*Work request*
Report every line of the records that contains the word "omega".

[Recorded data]

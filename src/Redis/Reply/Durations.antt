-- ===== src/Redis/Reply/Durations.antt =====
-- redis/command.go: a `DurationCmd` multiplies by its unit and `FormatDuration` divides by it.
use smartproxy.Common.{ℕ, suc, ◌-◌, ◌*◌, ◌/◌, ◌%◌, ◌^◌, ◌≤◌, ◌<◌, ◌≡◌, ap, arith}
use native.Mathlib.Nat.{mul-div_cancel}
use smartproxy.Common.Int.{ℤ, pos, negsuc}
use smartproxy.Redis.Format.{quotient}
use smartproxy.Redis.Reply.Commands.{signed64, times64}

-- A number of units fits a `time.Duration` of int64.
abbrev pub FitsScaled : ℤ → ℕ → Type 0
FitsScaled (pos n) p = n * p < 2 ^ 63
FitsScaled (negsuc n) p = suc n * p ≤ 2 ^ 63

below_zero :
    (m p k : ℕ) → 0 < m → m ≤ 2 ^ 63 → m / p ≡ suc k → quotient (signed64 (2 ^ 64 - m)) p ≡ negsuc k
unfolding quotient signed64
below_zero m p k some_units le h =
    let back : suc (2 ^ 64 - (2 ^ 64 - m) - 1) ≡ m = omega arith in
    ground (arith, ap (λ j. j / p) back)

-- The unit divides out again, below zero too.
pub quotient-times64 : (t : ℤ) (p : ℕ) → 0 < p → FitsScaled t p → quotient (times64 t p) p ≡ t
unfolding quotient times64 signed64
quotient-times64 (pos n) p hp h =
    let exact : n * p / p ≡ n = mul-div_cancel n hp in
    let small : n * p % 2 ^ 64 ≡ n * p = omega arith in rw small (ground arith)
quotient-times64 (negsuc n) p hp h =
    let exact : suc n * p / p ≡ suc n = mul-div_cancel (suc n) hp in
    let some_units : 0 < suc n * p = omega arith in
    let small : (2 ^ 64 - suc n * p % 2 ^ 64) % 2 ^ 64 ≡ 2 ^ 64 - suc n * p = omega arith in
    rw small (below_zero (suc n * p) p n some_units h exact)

*Finished exercise*
    let back : suc (2 ^ 64 - (2 ^ 64 - m) - 1) ≡ m = omega arith in
    let small : n * p % 2 ^ 64 ≡ n * p = omega arith in rw small (ground arith)
    let some_units : 0 < suc n * p = omega arith in
    let small : (2 ^ 64 - suc n * p % 2 ^ 64) % 2 ^ 64 ≡ 2 ^ 64 - suc n * p = omega arith in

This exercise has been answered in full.